A Lei Maria da Penha, de 2006
A Lei nº 11.340, de 2006, criou mecanismos para coibir e prevenir a violência doméstica e familiar contra a mulher e se tornou um divisor de águas na legislação brasileira. O texto prevê medidas protetivas, assistência e instrumentos específicos para enfrentar esse tipo de violência. Nos últimos anos, a lei continuou sendo atualizada. Em 2023, a Lei nº 14.550 reforçou que as medidas protetivas de urgência podem ser concedidas imediatamente e independentemente da tipificação penal da violência, do ajuizamento de ação penal ou cível e da existência de boletim de ocorrência. Em 2025, a Lei nº 15.125 passou a prever a monitoração eletrônica do agressor durante a aplicação da medida protetiva, com possibilidade de alerta à vítima em caso de aproximação indevida.

A Lei do Feminicídio, de 2015, e sua atualização em 2024
Em 2015, a Lei nº 13.104 alterou o Código Penal para prever o feminicídio como qualificadora do homicídio e o incluiu no rol dos crimes hediondos. Em 2024, a Lei nº 14.994 atualizou esse marco ao tornar o feminicídio crime autônomo e agravar sua pena, além de promover outros ajustes na legislação de proteção às mulheres. Na prática, isso mostra como o ordenamento jurídico brasileiro passou a reconhecer de forma mais específica a morte de mulheres por razões da condição do sexo feminino.

A criminalização da importunação sexual, em 2018
A Lei nº 13.718, de 2018, tipificou o crime de importunação sexual. Foi essa mudança que passou a enquadrar condutas como praticar ato libidinoso sem consentimento com o objetivo de satisfazer a própria lascívia ou a de terceiro, situação que antes muitas vezes acabava tratada de forma insuficiente no sistema penal. A mesma lei também tratou da divulgação de cena de estupro e de outros crimes contra a dignidade sexual.

A Lei da Igualdade Salarial, de 2023
Mais recentemente, a Lei nº 14.611, de 2023, colocou a desigualdade remuneratória no centro da agenda pública. A norma dispõe sobre igualdade salarial e de critérios remuneratórios entre mulheres e homens e determina medidas como transparência salarial, fiscalização contra discriminação, canais de denúncia e programas de diversidade e inclusão. O governo federal informa que a obrigação de divulgação do Relatório de Transparência Salarial alcança estabelecimentos do setor privado com pelo menos 100 empregados. Mesmo com a nova lei, os dados mais recentes mostram a persistência da diferença: o 4º relatório, divulgado em 2025, apontou que as mulheres recebiam, em média, 21,2% menos que os homens nesse universo de empresas.

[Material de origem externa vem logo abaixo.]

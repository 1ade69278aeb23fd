-- ===== src/Boot/Discover.antt =====
-- boot/src/discover.rs: what the boot program finds: the pools that zboot boots from, their boot
-- environments, and the kernels of each. `run_cmd` runs a command by the runner; that it resolves the
-- program's path first is left out, and so are mounts, which process 1 alone makes. A directory is the
-- list of its names that are text, or `none` if it cannot be read.
pub mod Kernels
pub mod Active
use zboot.Base.{
  ℕ, Bool, true, false, not, ◌&&◌, ◌||◌, Option, none, some, List, [], ◌∷◌, ◌++◌, map, Str, ◌==◌,
  nat_eq, str_eq, option_beq, find, filter, any, is_empty, length, ltb, sort_by, lookup, fold_rows,
  all_to, Result, ok, err, if◌then◌else◌,
}
use zboot.Text.{codes, last_part, starts_with, strip_prefix}
use zboot.Core.Types.{
  Pool, PoolRole, root, BootEnvironment, new_boot_environment, parse_snapshot_ref,
  render_snapshot_ref, BoundList, render_key,
}
use zboot.Core.Types.Property.{Property, zboot_be, origin, zboot_attached_to, other}
use zboot.Core.Types.Atomic.{str_leb}
use zboot.Cli.Io.{Io, Error, ◌>>=◌, pure, lift}
use zboot.Cli.Sub
use zboot.Cli.Sub.{Runner}
use zboot.Cli.Drop.RealZfs.{parsed_props, dataset_names}
use zboot.Cli.Snapshot.{annotate_pool_roles, annotated_pools, parsed_pools}

pub record PoolJson : Type 0 where
  pub name : Str
  pub role : Str
  pub bootfs : Option Str
  pub guid : Option ℕ

pub record KernelEntry : Type 0 where
  pub vmlinuz : Str
  pub initrd : Option Str
  pub default : Bool

pub record BeJson : Type 0 where
  pub pool : Str
  pub dataset : Str
  pub name : Str
  pub origin : Option Str
  pub active : Bool
  pub readonly : Bool
  pub bound_to : List Str
  pub kernels : List KernelEntry
  pub mount_root : Option Str

pub record DiscoverV1 : Type 0 where
  pub pools : List PoolJson
  pub bes : List BeJson

pub record BeRecord : Type 0 where
  pub pool : Str
  pub dataset : Str
  pub is_be : Bool
  pub origin : Option Str
  pub bound_to : BoundList
  pub readonly : Bool

-- The boot environment that the menu shows.
unfoldable pub menu_be : BeJson → BootEnvironment
unfolding new_boot_environment parse_snapshot_ref
menu_be b = record (new_boot_environment b.pool b.name) {
  dataset = b.dataset;
  origin = elim b.origin [ none ↦ none | some text ↦ parse_snapshot_ref text ];
}

unfoldable pub forest_from_payload : DiscoverV1 → List BootEnvironment × List Str
unfolding menu_be filter
forest_from_payload payload =
    (map menu_be payload.bes, map (λ b. b.dataset) (filter (λ b. b.active) payload.bes))

-- What the loop over the properties finds out about a dataset.
pub record RecordAcc : Type 0 where
  pub is_be : Bool
  pub origin : Option Str
  pub bound_to : BoundList
  pub readonly : Bool

abbrev pub empty_record : RecordAcc
empty_record = record { is_be = false; origin = none; bound_to = []; readonly = false }

unfoldable pub note_record : Property → RecordAcc → RecordAcc
unfolding render_snapshot_ref
note_record (zboot_be b) acc = record acc { is_be = b }
note_record (origin o) acc = record acc {
  origin = elim o [ none ↦ none | some r ↦ some (render_snapshot_ref r) ];
}
note_record (zboot_attached_to l) acc = record acc { bound_to = l }
note_record (other name value) acc =
    if name == codes "readonly" then record acc { readonly = value == codes "on" } else acc
note_record _ acc = acc

abbrev pub record_of : Str → Str → RecordAcc → BeRecord
record_of pool ds acc = record {
  pool = pool;
  dataset = ds;
  is_be = acc.is_be;
  origin = acc.origin;
  bound_to = acc.bound_to;
  readonly = acc.readonly;
}

-- `remove` of a hash map: the entry of the key is gone.
unfoldable pub remove_entry : Str → List (Str × RecordAcc) → List (Str × RecordAcc)
unfolding filter
remove_entry k m = filter (λ e. not (e.0 == k)) m

abbrev pub cons_record : Str → Str → Option RecordAcc → List BeRecord → List BeRecord
cons_record pool ds none rest = rest
cons_record pool ds (some acc) rest = record_of pool ds acc ∷ rest

-- The last loop of `extract_bes`.
unfoldable pub take_records : Str → List Str → List (Str × RecordAcc) → List BeRecord
unfolding lookup remove_entry
take_records pool [] by_ds = []
take_records pool (ds ∷ datasets) by_ds =
    cons_record pool ds (lookup ds by_ds) (take_records pool datasets (remove_entry ds by_ds))

unfoldable pub extract_bes : Str → List Str → List (Str × Property) → List BeRecord
unfolding take_records fold_rows note_record all_to
extract_bes pool datasets props =
    take_records pool datasets (fold_rows note_record props (all_to empty_record datasets))

unfoldable pub role_label : Option PoolRole → Str
role_label (some root) = codes "root"
role_label none = codes "?"

abbrev pub pool_json : Pool → PoolJson
pool_json p = record { name = p.name; role = role_label p.role; bootfs = p.bootfs; guid = p.guid }

abbrev pub bootfs_in : Option Pool → Option Str
bootfs_in none = none
bootfs_in (some p) = p.bootfs

-- The first pool of that name boots the dataset.
unfoldable pub is_booted : List Pool → Str → Str → Bool
unfolding find
is_booted pools pool dataset =
    option_beq (bootfs_in (find (λ p. p.name == pool) pools)) (some dataset)

unfoldable pub be_json : List Pool → BeRecord → BeJson
unfolding is_booted last_part render_key
be_json pools rec = record {
  pool = rec.pool;
  dataset = rec.dataset;
  name = last_part b'/' rec.dataset;
  origin = rec.origin;
  active = is_booted pools rec.pool rec.dataset;
  readonly = rec.readonly;
  bound_to = map render_key rec.bound_to;
  kernels = [];
  mount_root = none;
}

unfoldable pub assemble : List Pool → List BeRecord → DiscoverV1
unfolding be_json role_label filter
assemble pools records = record {
  pools = map pool_json pools;
  bes = map (be_json pools) (filter (λ r. r.is_be) records);
}

abbrev pub is_root_pool : Pool → Bool
is_root_pool p = elim p.role [ none ↦ false | some root ↦ true ]

module _ {S : Type 0} (r : Runner S) where
  unfoldable pub list_filesystems_in : Str → Io S (List Str)
  list_filesystems_in pool = do
    text ← Sub.capture r (codes "zfs") (
        codes "list"
        ∷ codes "-Hp"
        ∷ codes "-r"
        ∷ codes "-o"
        ∷ codes "name"
        ∷ codes "-t"
        ∷ codes "filesystem"
        ∷ pool
        ∷ [])
    pure (dataset_names text)

  abbrev pub records_in : Str → List Str → Io S (List BeRecord)
  records_in pool datasets = do
    props_text ← Sub.capture r (codes "zfs") (
        codes "get"
        ∷ codes "-Hp"
        ∷ codes "-o"
        ∷ codes "name,property,value"
        ∷ codes "origin,zboot:be,zboot:attached-to,zboot:bound-mountpoint,zboot:created-by,readonly"
        ∷ datasets)
    props ← lift (parsed_props props_text)
    pure (extract_bes pool datasets props)

  -- The loop over the root pools.
  unfoldable pub be_records : List Pool → Io S (List BeRecord)
  unfolding list_filesystems_in extract_bes
  be_records [] = pure []
  be_records (pool ∷ pools) = do
    datasets ← list_filesystems_in pool.name
    found ← (if is_empty datasets then pure [] else records_in pool.name datasets)
    rest ← be_records pools
    pure (found ++ rest)

  -- `collect` without the mounts of process 1.
  unfoldable pub collect : Io S DiscoverV1
  unfolding be_records assemble annotated_pools filter
  collect = do
    pools_text ←
        Sub.capture r (codes "zpool")
          (codes "list" ∷ codes "-Hp" ∷ codes "-o" ∷ codes "name,bootfs,guid" ∷ [])
    listed ← lift (parsed_pools pools_text)
    pools ← (if is_empty listed then pure listed else annotated_pools r listed)
    let root_pools = filter is_root_pool pools
    records ← be_records root_pools
    pure (assemble root_pools records)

Por que esse tema ainda importa
Essas leis não resolveram sozinhas a desigualdade de gênero no Brasil, mas mostram como direitos que hoje parecem básicos precisaram ser disputados e formalizados. Também revelam outro ponto importante para o presente: a legislação continua em movimento. Em 2025, por exemplo, o país aprovou novas normas para punir com mais rigor a violência psicológica praticada com uso de inteligência artificial contra mulheres e para proibir discriminação contra estudantes e pesquisadoras em razão de gestação, parto, nascimento de filho ou adoção em processos de seleção para bolsas.